Evidence has established that people living with HIV who achieve and maintain an undetectable viral load through antiretroviral therapy cannot sexually transmit the virus to HIV negative individuals. This fact, encapsulated in the slogan Undetectable Equals Untransmittable or U=U, is now a cornerstone of HIV prevention strategies and stigma reduction.
Investigators from Hunter College and the City University of New York have published results of new survey in the Journal of Acquired Immune Deficiency Syndrome which documented growing acceptability among sexual minority men of the premise that U=U, but with widespread overestimation of transmission risk.
Results were gathered during a 10-month span from November 2017 through September 2018. The study population was reached through advertisements placed in online venues such as social media and dating apps, which directed them to a survey.
Participants reported their HIV status as positive, negative, or unknown. HIV negative and unknown status participants were asked if they were currently prescribed PrEP and participants who reported living with HIV were asked if their most recent viral load test was undetectable, detectable, or unknown.
Answers were used to form 5 biomedical status groups: HIV negative/unknown on PrEP, HIV negative not on PrEP, HIV status unknown not on PrEP, HIV positive undetectable, and HIV positive detectable or unsure.

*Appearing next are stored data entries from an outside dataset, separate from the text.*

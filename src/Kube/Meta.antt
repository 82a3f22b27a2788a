-- ===== src/Kube/Meta.antt =====
-- k8s.io/apimachinery: object metadata, conditions and selectors.
use upgrade_controller.Prelude.{
  ℕ, String, Bool, true, false, Option, none, some, List, [], ◌&&◌, ◌==◌, Dict, nat_eq,
}

pub record TypeMeta : Type 0 where
  pub kind : String
  pub api_version : String

pub record ObjectMeta : Type 0 where
  pub name : String
  pub namespace : String
  pub labels : Dict String
  pub annotations : Dict String
  pub generation : ℕ
  -- seconds since the zero time; `none` is nil
  pub deletion_timestamp : Option ℕ
  pub finalizers : List String

-- `metav1.ObjectMeta{Name: …, Namespace: …, Labels: …}`
abbrev pub object_meta : String → String → Dict String → ObjectMeta
object_meta name namespace labels = record {
  name = name;
  namespace = namespace;
  labels = labels;
  annotations = [];
  generation = 0;
  deletion_timestamp = none;
  finalizers = [];
}

-- `(*metav1.Time).IsZero`
abbrev pub is_zero : Option ℕ → Bool
is_zero none = true
is_zero (some t) = nat_eq t 0

pub record NamespacedName : Type 0 where
  pub namespace : String
  pub name : String

-- `client.ObjectKeyFromObject`
abbrev pub object_key : ObjectMeta → NamespacedName
object_key m = record { namespace = m.namespace; name = m.name }

-- metav1.ConditionStatus and corev1.ConditionStatus: three constants, or any other text
pub data ConditionStatus : Type 0 where
  condition_true condition_false condition_unknown : ConditionStatus
  other_status : String → ConditionStatus

abbrev pub is_true : ConditionStatus → Bool
is_true condition_true = true
is_true _ = false

abbrev pub is_false : ConditionStatus → Bool
is_false condition_false = true
is_false _ = false

-- metav1.Condition; the library keeps its LastTransitionTime, which the program never reads
pub record Condition : Type 0 where
  pub type : String
  pub status : ConditionStatus
  pub reason : String
  pub message : String

-- the conditions of nodes, jobs and deployments, whose other fields are not read
pub record StatusCondition : Type 0 where
  pub type : String
  pub status : ConditionStatus
  pub message : String

-- `condition.Status == ConditionTrue && condition.Type == t`
abbrev pub holds : String → StatusCondition → Bool
holds t c = is_true c.status && c.type == t

pub record Requirement : Type 0 where
  pub key : String
  pub operator : String
  pub values : List String

pub record LabelSelector : Type 0 where
  pub match_labels : Dict String
  pub match_expressions : List Requirement

pub record ListOptions : Type 0 where
  pub namespace : String
  pub match_labels : Dict String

Participants were questioned about recreation drug use, casual male sexual partners, the month they completed the survey, perceived accuracy of U=U, and perceived risk of transmission with an undetectable partner.
A total of 111,747 sexual minority men provided full necessary data on study-relevant measures, constituting the analytic sample.
Perceived accuracy of U=U was found somewhat or completely accurate by 53.8% of HIV negative men, 39% of status unknown men, and 83.9% of HIV positive men.
Recent recreation drug use and recent casual sexual partnership were associated with higher perceived higher perceived accuracy.
Only 10% of the total sample perceived transmission risk to be 0 when an undetectable sexual partner was insertive, and a slightly higher 14% perceived such transmission risk when the undetectable partner was receptive. Among those who perceived U=U to be completely accurate; however, the proportions were 31% and 39%, respectively.
“The present results echo prior studies showing that men who report more risk behavior and more engagement with HIV treatment and prevention were more likely to believe in the accuracy of U=U,” the authors wrote.
Results indicate growing acceptance of U=U. A study in 2016-17 showed only 30% of HIV negative and unknown status participants reporting the message as accurate.
Authors of the 2017 to 2018 survey suggested a shift from risk-reducing to protection enhancing framing.
“In other words, describing U=U as being ‘100% effective’ in protecting against HIV transmission may enhance acceptability among the groups who have been slower to accept the message to date,” authors of the report said.